ChatGPT & Mechanical Engineering: Examining performance on the FE
Mechanical Engineering and Undergraduate Exams
- URL: http://arxiv.org/abs/2309.15866v1
- Date: Tue, 26 Sep 2023 20:12:26 GMT
- Title: ChatGPT & Mechanical Engineering: Examining performance on the FE
Mechanical Engineering and Undergraduate Exams
- Authors: Matthew Frenkel, Hebah Emara
- Abstract summary: This study examines the capabilities of ChatGPT within the discipline of mechanical engineering.

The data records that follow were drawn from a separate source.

-- ===== src/Storage/Compaction/Merge/Sources.antt =====
-- The sources of a merge: the one that comes next, and what the others still have.
use toradb.Prelude.{
  ℕ, zero, suc, ◌+◌, ◌≤◌, ◌<◌, ◌≡◌, refl, sym, ap, ◌∙◌, inl, inr, true, Bool-cases, Option, none,
  some, Option-cases, List, [], ◌∷◌, ◌++◌, ◌==◌, if◌then◌else◌, get_elem?, set, arith, min, sum_of,
  Result, ◌⊎◌,
}
use mathlib.Core.Path.{subst}
use toradb.Storage.Compaction.Merge.{
  Row, MergeSource, no_id, peeked_min, unwrap_or, best, others, least,
}
use toradb.Storage.Compaction.Merge.Batches.{span, span_le, span_left, end_of, batch_min_id-first}
use toradb.Storage.Compaction.Merge.Reading.{unread, unread_reader, is_ready}

-- The rows that a source still has.
abbrev pub remaining : {C : Type 0} → MergeSource C → List (Row C)
remaining s = unread s.peeked s.reader

-- A source as the merge keeps it, whose ids start at `l` or later.
pub record Ready {C : Type 0} (l : ℕ) (s : MergeSource C) : Type 0 where
  pub ready : is_ready s.peeked s.reader ≡ true
  pub inside : span l no_id (remaining s) ≡ true
  pub first : s.min_id ≡ peeked_min s.peeked

abbrev pub AllReady : {C : Type 0} → ℕ → List (MergeSource C) → Type 0
AllReady l [] = Unit
AllReady l (s ∷ ss) = Ready l s × AllReady l ss

-- A weight summed over all rows that are left.
abbrev pub total : {C : Type 0} → (Row C → ℕ) → List (MergeSource C) → ℕ
total w ss = sum_of (λ s. sum_of w (remaining s)) ss

module _ {C : Type 0} where
  abbrev pub has_id : ℕ → Row C → ℕ
  has_id i r = if r.0 == i then 1 else 0

  pub sum_of-others :
      (g : MergeSource C → ℕ) (ss : List (MergeSource C)) (i : ℕ) (s : MergeSource C)
      → get_elem? ss i ≡ some s
      → sum_of g ss ≡ g s + sum_of g (others i ss)
  unfolding sum_of others
  sum_of-others g [] i s h = absurd (ground arith)
  sum_of-others g (t ∷ ss) zero s h = ground arith
  sum_of-others g (t ∷ ss) (suc i) s h = omega (arith, sum_of-others g ss i s h)

  pub sum_of-set :
      (g : MergeSource C → ℕ) (ss : List (MergeSource C)) (i : ℕ) (s t : MergeSource C)
      → get_elem? ss i ≡ some s
      → sum_of g (set ss i t) ≡ g t + sum_of g (others i ss)
  unfolding sum_of others
  sum_of-set g [] i s t h = absurd (ground arith)
  sum_of-set g (u ∷ ss) zero s t h = refl
  sum_of-set g (u ∷ ss) (suc i) s t h = omega (arith, sum_of-set g ss i s t h)

  pub AllReady-get :
      (l : ℕ) (ss : List (MergeSource C)) (i : ℕ) (s : MergeSource C)
      → AllReady l ss
      → get_elem? ss i ≡ some s
      → Ready l s
  AllReady-get l [] i s a h = absurd (ground arith)
  AllReady-get l (t ∷ ss) zero s a h =
      subst (λ (x : MergeSource C). Ready l x) (ap (unwrap_or t) h) (a.0)
  AllReady-get l (t ∷ ss) (suc i) s a h = AllReady-get l ss i s (a.1) h

  pub AllReady-others :
      (l : ℕ) (ss : List (MergeSource C)) (i : ℕ) → AllReady l ss → AllReady l (others i ss)
  unfolding others
  AllReady-others l [] i a = a
  AllReady-others l (t ∷ ss) zero a = a.1
  AllReady-others l (t ∷ ss) (suc i) a = (a.0, AllReady-others l ss i (a.1))

  pub AllReady-set :
      (l : ℕ) (ss : List (MergeSource C)) (i : ℕ) (t : MergeSource C)
      → AllReady l (others i ss)
      → Ready l t
      → AllReady l (set ss i t)
  unfolding others
  AllReady-set l [] i t a r = a
  AllReady-set l (u ∷ ss) zero t a r = (r, a)
  AllReady-set l (u ∷ ss) (suc i) t a r = (a.0, AllReady-set l ss i t (a.1) r)

  -- A source without a batch has no row left; the first row of any other has its smallest id.
  unread-cases :
      (l m : ℕ) (peeked : Option (List (Row C))) (rs : List (Result (List (Row C))))
      → is_ready peeked rs ≡ true
      → span l no_id (unread peeked rs) ≡ true
      → m ≡ peeked_min peeked
      → ((peeked ≡ none) × (unread peeked rs ≡ []))
        ⊎ ((b : List (Row C)) × (r : Row C) × (more : List (Row C)) × (peeked ≡ some b)
            × (unread peeked rs ≡ r ∷ more)
            × (m ≡ r.0))
  unfolding is_ready unread
  unread-cases l m none [] h i e = inl (refl, refl)
  unread-cases l m none (r ∷ rs) h i e = absurd (ground arith)
  unread-cases l m (some []) rs h i e = absurd (ground arith)
  unread-cases l m (some (q ∷ b)) rs h i e =
      let here = span_left l no_id (q ∷ b) (unread_reader rs) i in
      inr (
        q ∷ b,
        q,
        b ++ unread_reader rs,
        refl,
        refl,
        e ∙ ap (unwrap_or no_id) (batch_min_id-first l (end_of l (q ∷ b)) q b here),
      )

  pub Ready-cases :
      (l : ℕ) (s : MergeSource C)
      → Ready l s
      → ((s.peeked ≡ none) × (remaining s ≡ []))
        ⊎ ((b : List (Row C)) × (r : Row C) × (more : List (Row C)) × (s.peeked ≡ some b)
            × (remaining s ≡ r ∷ more)
            × (s.min_id ≡ r.0))
  Ready-cases l s r = unread-cases l s.min_id s.peeked s.reader r.ready r.inside r.first

  pub least_le : (ss : List (MergeSource C)) → least ss ≤ no_id
  unfolding least
  least_le [] = omega arith
  least_le (s ∷ ss) = ground (arith, least_le ss)

  pub least-others : (ss : List (MergeSource C)) (i : ℕ) → least ss ≤ least (others i ss)
  unfolding least others
  least-others [] i = omega arith
  least-others (s ∷ ss) zero = ground (arith, least_le ss)
  least-others (s ∷ ss) (suc i) = ground (arith, least-others ss i)

  least_skip :
      (s : MergeSource C) (ss : List (MergeSource C)) → s.peeked ≡ none → least (s ∷ ss) ≡ least ss
  unfolding least
  least_skip s ss e = ground (arith, e)

  least_take :
      (s : MergeSource C) (ss : List (MergeSource C)) (b : List (Row C))
      → s.peeked ≡ some b
      → least (s ∷ ss) ≡ min s.min_id (least ss)
  unfolding least
  least_take s ss b e = ground (arith, e)

  restart :
      (l c : ℕ) (r : Row C) (rows more : List (Row C))
      → rows ≡ r ∷ more
      → span l no_id rows ≡ true
      → c ≤ r.0
      → span c no_id rows ≡ true
  unfolding span
  restart l c r rows more e h a =
      let whole : span l no_id (r ∷ more) ≡ true = sym (ap (span l no_id) e) ∙ h in
      ap (span c no_id) e ∙ ground (arith, whole)

  pub first_id :
      (l : ℕ) (r : Row C) (rows more : List (Row C))
      → rows ≡ r ∷ more
      → span l no_id rows ≡ true
      → (l ≤ r.0) × (r.0 < no_id)
  unfolding span
  first_id l r rows more e h =
      let whole : span l no_id (r ∷ more) ≡ true = sym (ap (span l no_id) e) ∙ h in
      ground (arith, whole, span_le (r.0 + 1) no_id more)

  -- What starts at `l` or later starts at the least id or later.
  pub AllReady-least :
      (l c : ℕ) (ss : List (MergeSource C)) → AllReady l ss → c ≤ least ss → AllReady c ss
  unfolding least
  AllReady-least l c [] a h = a
  AllReady-least l c (s ∷ ss) a h = elim (Ready-cases l s (a.0)) [
    | inl (e, nothing) ↦
        let later = AllReady-least l c ss (a.1) (rw (sym (least_skip s ss e)) h) in
        (
          record {
            ready = (a.0).ready;
            inside = ap (span c no_id) nothing ∙ (unfold span in ground (arith, least_le (s ∷ ss)));
            first = (a.0).first;
          },
          later,
        )
    | inr (b, r, more, e, rows, is) ↦
        let low = least_take s ss b e in
        (
          record {
            ready = (a.0).ready;
            inside = restart l c r (remaining s) more rows (a.0).inside (omega arith);
            first = (a.0).first;
          },
          AllReady-least l c ss (a.1) (omega arith),
        )
  ]

  -- No source is left when none is the best; else it has the least id of all.
  pub best-none :
      (l : ℕ) (w : Row C → ℕ) (ss : List (MergeSource C))
      → AllReady l ss
      → best ss ≡ none
      → total w ss ≡ 0
  unfolding best sum_of
  best-none l w [] a h = refl
  best-none l w (s ∷ ss) a h = elim (Ready-cases l s (a.0)) [
    | inl (e, nothing) ↦ ground (arith, e, nothing, best-none l w ss (a.1))
    | inr (b, r, more, e, rows, is) ↦ absurd (ground (arith, e))
  ]

  best-least :
      (l : ℕ) (ss : List (MergeSource C)) → AllReady l ss → best ss ≡ none → least ss ≡ no_id
  unfolding best least
  best-least l [] a h = refl
  best-least l (s ∷ ss) a h = elim (Option-cases s.peeked) [
    | inl e ↦ ground (arith, e, best-least l ss (a.1))
    | inr (b, e) ↦ absurd (ground (arith, e))
  ]

  pub best-some :
      (l i : ℕ) (s : MergeSource C) (ss : List (MergeSource C))
      → AllReady l ss
      → best ss ≡ some (i, s)
      → (get_elem? ss i ≡ some s) × (s.min_id ≡ least ss) × (s.min_id < no_id)
  unfolding best least
  best-some l i s [] a h = absurd (ground arith)
  best-some l i s (t ∷ ss) a h = elim (Ready-cases l t (a.0)) [
    | inl (e, nothing) ↦ elim (Option-cases (best ss)) [
      | inl n ↦ absurd (ground (arith, e, n))
      | inr ((j, u), n) ↦ ground (arith, e, n, best-some l j u ss (a.1) n)
    ]
    | inr (b, r, more, e, rows, is) ↦
        let low = first_id l r (remaining t) more rows (a.0).inside in
        elim (Option-cases (best ss)) [
          | inl n ↦ ground (arith, e, n, best-least l ss (a.1) n)
          | inr ((j, u), n) ↦ ground (arith, e, n, best-some l j u ss (a.1) n)
        ]
  ]

  pub best_peeked :
      (i : ℕ) (s : MergeSource C) (ss : List (MergeSource C))
      → best ss ≡ some (i, s)
      → ¬ (s.peeked ≡ none)
  unfolding best
  best_peeked i s [] h = absurd (ground arith)
  best_peeked i s (t ∷ ss) h = elim (Option-cases t.peeked) [
    | inl e ↦ elim (Option-cases (best ss)) [
      | inl n ↦ absurd (ground (arith, e, n))
      | inr ((j, u), n) ↦ ground (arith, e, n, best_peeked j u ss n)
    ]
    | inr (b, e) ↦ elim (Option-cases (best ss)) [
      | inl n ↦ ground (arith, e, n)
      | inr ((j, u), n) ↦ ground (arith, e, n, best_peeked j u ss n)
    ]
  ]

  -- The source with the least id has a row of that id.
  pub least_is_there :
      (l m : ℕ) (ss : List (MergeSource C))
      → AllReady l ss
      → m ≡ least ss
      → m < no_id
      → 1 ≤ total (has_id m) ss
  unfolding least sum_of
  least_is_there l m [] a is h = absurd (omega arith)
  least_is_there l m (s ∷ ss) a is h = elim (Ready-cases l s (a.0)) [
    | inl (e, nothing) ↦ omega (arith, least_is_there l m ss (a.1) (is ∙ least_skip s ss e) h)
    | inr (b, r, more, e, rows, first) ↦ elim (Bool-cases (r.0 == m)) [
      | inl here ↦
          let count : sum_of (has_id m) (remaining s) ≡ sum_of (has_id m) (r ∷ more) =
            ap (sum_of (has_id m)) rows in
          let one : has_id m r ≡ 1 = ground (arith, here) in omega (arith, count, one)
      | inr later ↦
          let low = least_take s ss b e in
          omega (arith, least_is_there l m ss (a.1) (ground (arith, low, is, first, later)) h)
    ]
  ]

It aims to examine use cases and pitfalls of such a technology in the classroom and professional settings.
- Score: 0.0
- License: http://creativecommons.org/licenses/by/4.0/
- Abstract: The launch of ChatGPT at the end of 2022 generated large interest into
possible applications of artificial intelligence in STEM education and among
STEM professions. As a result many questions surrounding the capabilities of
generative AI tools inside and outside of the classroom have been raised and
are starting to be explored. This study examines the capabilities of ChatGPT
within the discipline of mechanical engineering. It aims to examine use cases
and pitfalls of such a technology in the classroom and professional settings.

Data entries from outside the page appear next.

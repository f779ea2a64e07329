-- ===== src/Flags/Tests.antt =====
-- Texts of flags.
use lightningstream.Base.{◌+◌, ◌≡◌, refl, arith, [], ◌∷◌}
use lightningstream.Base.Bytes.{equal_bytes, compare_bytes}
use lightningstream.Base.Result.{ok, err, bad_format}
use lightningstream.Flags.RoundTrip.{unmarshal_text-marshal_text}
use lightningstream.Flags.{
  marshal_text, friendly_string, unmarshal_text, build_names, format_digits, split_parts, all_parts,
  trim_left, trim_right, lookup, parse_digits,
}

-- "dupsort, 0x8"
dupsort_and_number :
    unmarshal_text (100 ∷ 117 ∷ 112 ∷ 115 ∷ 111 ∷ 114 ∷ 116 ∷ 44 ∷ 32 ∷ 48 ∷ 120 ∷ 56 ∷ []) ≡ ok 12
unfolding unmarshal_text equal_bytes compare_bytes split_parts all_parts trim_left trim_right lookup
    parse_digits
dupsort_and_number = refl

-- "1" is no persistent flag.
refuses_one : unmarshal_text (49 ∷ []) ≡ err bad_format
unfolding unmarshal_text equal_bytes compare_bytes split_parts all_parts trim_left trim_right lookup
    parse_digits
refuses_one = refl

unmarshal_text-marshal_text_example : unmarshal_text (marshal_text 44) ≡ ok 44
unmarshal_text-marshal_text_example = unmarshal_text-marshal_text 44 (omega arith) refl

-- "ReverseKey UNKNOWN:0xff80"
friendly_unknown :
    friendly_string (65408 + 2)
    ≡ 82 ∷ 101 ∷ 118 ∷ 101 ∷ 114 ∷ 115 ∷ 101 ∷ 75 ∷ 101 ∷ 121 ∷ 32 ∷ 85 ∷ 78 ∷ 75 ∷ 78 ∷ 79 ∷ 87
      ∷ 78 ∷ 58 ∷ 48 ∷ 120 ∷ 102 ∷ 102 ∷ 56 ∷ 48 ∷ []
unfolding friendly_string build_names format_digits
friendly_unknown = refl
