-- ===== src/Header/RoundTrip.antt =====
-- What `Bytes` and `PutBasic` write, `Parse` reads back.
use lightningstream.Base.{
  ℕ, ◌-◌, ◌*◌, ◌^◌, ◌≤◌, ◌<◌, ◌≡◌, [], ◌++◌, arith, length, replicate, length-append,
  length-replicate, take-append_of_length, drop-append_of_length, drop-add,
}
use lightningstream.Base.Bytes.{Bytes, get_be-put_be_u64, get_be-put_be_u16}
use lightningstream.Base.Result.{ok}
use lightningstream.Header.{Header, parse, header_bytes, put_basic, fixed_part, blocks_needed}

-- A header whose fields fit the bytes that they are written to.
pub record Fits (h : Header) : Type 0 where
  pub timestamp : h.timestamp < 2 ^ 64
  pub txn_id : h.txn_id < 2 ^ 64
  pub version : h.version ≡ 0
  pub flags : h.flags < 256
  pub blocks : blocks_needed h < 2 ^ 16

-- The header with its extra bytes filled up to whole blocks.
abbrev pub padded : Header → Header
padded h = record h {
  num_extra = blocks_needed h;
  extra = h.extra ++ replicate (blocks_needed h * 8 - length h.extra) 0;
}

-- The blocks hold the extra bytes.
extra-le-blocks : (h : Header) → length h.extra ≤ blocks_needed h * 8
unfolding blocks_needed
extra-le-blocks h = ground arith

length-padded : (h : Header) → length (padded h).extra ≡ blocks_needed h * 8
length-padded h = rw (length-append, length-replicate) (omega (arith, extra-le-blocks h))

pub parse_fixed :
    (ts txn flags n : ℕ) (extra app : Bytes)
    → ts < 2 ^ 64
    → txn < 2 ^ 64
    → flags < 256
    → n < 2 ^ 16
    → length extra ≡ n * 8
    → parse (fixed_part ts txn 0 flags n ++ extra ++ app)
      ≡ ok (
        record {
          timestamp = ts;
          txn_id = txn;
          version = 0;
          flags = flags;
          num_extra = n;
          extra = extra;
        },
        app,
      )
unfolding parse fixed_part
parse_fixed ts txn flags n extra app h1 h2 h3 h4 e = ground (
  arith,
  get_be-put_be_u64 ts h1,
  get_be-put_be_u64 txn h2,
  get_be-put_be_u16 n h4,
  drop-add 24 (8 * n) (fixed_part ts txn 0 flags n ++ extra ++ app),
  take-append_of_length (n * 8) extra app e,
  drop-append_of_length (8 * n) extra app,
  length-append extra app,
)

-- For a header of version 0 whose fields fit the bytes that they are written to, `Parse` of what
-- `Bytes` writes, with any application value behind it, returns the header with `Extra` filled up
-- with zeros to whole blocks, and the application value.
pub parse-header_bytes :
    (h : Header) (app : Bytes) → Fits h → parse (header_bytes h ++ app) ≡ ok (padded h, app)
unfolding header_bytes
parse-header_bytes h app fits = rw fits.version (
    parse_fixed h.timestamp h.txn_id h.flags (blocks_needed h) (padded h).extra app fits.timestamp
      fits.txn_id fits.flags fits.blocks (length-padded h))

-- For fields that fit, `Parse` of what `PutBasic` writes, with any application value behind it,
-- returns them and the application value.
pub parse-put_basic :
    (timestamp txn_id flags : ℕ) (app : Bytes)
    → timestamp < 2 ^ 64
    → txn_id < 2 ^ 64
    → flags < 256
    → parse (put_basic timestamp txn_id flags ++ app)
      ≡ ok (
        record {
          timestamp = timestamp;
          txn_id = txn_id;
          version = 0;
          flags = flags;
          num_extra = 0;
          extra = [];
        },
        app,
      )
unfolding put_basic fixed_part
parse-put_basic timestamp txn_id flags app h1 h2 h3 =
    parse_fixed timestamp txn_id flags 0 [] app h1 h2 h3 (omega arith) (omega arith)
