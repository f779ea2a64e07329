-- ===== src/Header/Skipping.antt =====
-- `Skip` and `ParseTimestamp` against `Parse`, on any bytes.
use lightningstream.Base.{◌≡◌, ◌+◌, ◌*◌, arith, length, length-take, length-drop, drop}
use lightningstream.Base.Bytes.{Bytes}
use lightningstream.Base.Result.{ok, ◌>>=◌}
use lightningstream.Header.{Header, parse, skip, parse_timestamp, get_num_extra, min_header_size}

-- `Skip` returns the value that `Parse` returns and fails exactly where it fails, with its error.
pub skip-eq-parse : (val : Bytes) → skip val ≡ (parse val >>= λ p. ok p.1)
unfolding skip parse
skip-eq-parse val = ground arith

-- Where `Parse` accepts a value, `ParseTimestamp` returns the timestamp of its header.
pub parse_timestamp-parse :
    (val : Bytes) (h : Header) (app : Bytes)
    → parse val ≡ ok (h, app)
    → parse_timestamp val ≡ ok h.timestamp
unfolding parse parse_timestamp
parse_timestamp-parse val h app e = ground arith

-- Where `Parse` accepts a value, the header's version is 0, its extra blocks are complete, and
-- the header and the application's value together are as long as the value.
pub parse_shape :
    (val : Bytes) (h : Header) (app : Bytes)
    → parse val ≡ ok (h, app)
    → (h.version ≡ 0)
      × (length h.extra ≡ 8 * h.num_extra)
      × (length val ≡ min_header_size + length h.extra + length app)
unfolding parse
parse_shape val h app e =
    let n = get_num_extra val in
    ground (
      arith,
      length-take (n * 8) (drop min_header_size val),
      length-drop min_header_size val,
      length-drop (min_header_size + 8 * n) val,
    )
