-- ===== src/Header/Tests.antt =====
-- Concrete headers, and the theorems at concrete inputs.
use lightningstream.Base.{◌+◌, ◌*◌, ◌≡◌, refl, [], ◌∷◌, ◌++◌, arith, length, replicate}
use lightningstream.Base.Bytes.{Bytes}
use lightningstream.Base.Result.{ok, err, too_short, bad_version, ◌>>=◌}
use lightningstream.Header.{
  Header, parse, skip, parse_timestamp, header_bytes, put_basic, min_header_size, is_deleted,
  masked,
}
use lightningstream.Header.RoundTrip.{padded, parse-header_bytes}
use lightningstream.Header.Skipping.{skip-eq-parse, parse_timestamp-parse, parse_shape}
use mathlib.Core.Bool.{true}

-- Three extra bytes, which take one block.
abbrev three_extra : Header
three_extra = record {
  timestamp = 7;
  txn_id = 300;
  version = 0;
  flags = 1;
  num_extra = 0;
  extra = 9 ∷ 8 ∷ 7 ∷ [];
}

abbrev stored : Bytes
stored = put_basic 5 2 1 ++ (65 ∷ [])

abbrev basic : Header
basic = record { timestamp = 5; txn_id = 2; version = 0; flags = 1; num_extra = 0; extra = [] }

parse_cut : parse (replicate 23 0) ≡ err too_short
unfolding parse
parse_cut = refl

parse_versioned : parse (replicate 16 0 ++ (1 ∷ []) ++ replicate 7 0) ≡ err bad_version
unfolding parse
parse_versioned = refl

parse-stored : parse stored ≡ ok (basic, 65 ∷ [])
unfolding parse put_basic
parse-stored = refl

flags_of_three : (is_deleted 3 ≡ true) × (masked 3 ≡ 1)
unfolding is_deleted masked
flags_of_three = (refl, refl)

parse-header_bytes_example :
    parse (header_bytes three_extra ++ (1 ∷ [])) ≡ ok (padded three_extra, 1 ∷ [])
unfolding header_bytes
parse-header_bytes_example = parse-header_bytes three_extra (1 ∷ []) (record {
  timestamp = omega arith;
  txn_id = omega arith;
  version = refl;
  flags = omega arith;
  blocks = omega arith;
})

skip-eq-parse_example : skip stored ≡ (parse stored >>= λ p. ok p.1)
skip-eq-parse_example = skip-eq-parse stored

parse_timestamp-parse_example : parse_timestamp stored ≡ ok 5
parse_timestamp-parse_example = parse_timestamp-parse stored basic (65 ∷ []) parse-stored

parse_shape_example :
    (basic.version ≡ 0)
    × (length basic.extra ≡ 8 * basic.num_extra)
    × (length stored ≡ min_header_size + length basic.extra + 1)
parse_shape_example = parse_shape stored basic (65 ∷ []) parse-stored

ChatGPT was presented with a set of questions from junior and senior level
mechanical engineering exams provided at a large private university, as well as
a set of practice questions for the Fundamentals of Engineering Exam (FE) in
Mechanical Engineering. The responses of two ChatGPT models, one free to use
and one paid subscription, were analyzed. The paper found that the subscription
model (GPT-4) greatly outperformed the free version (GPT-3.5), achieving 76%
correct vs 51% correct, but the limitation of text only input on both models
makes neither likely to pass the FE exam. The results confirm findings in the
literature with regards to types of errors and pitfalls made by ChatGPT. It was
found that due to its inconsistency and a tendency to confidently produce
incorrect answers the tool is best suited for users with expert knowledge.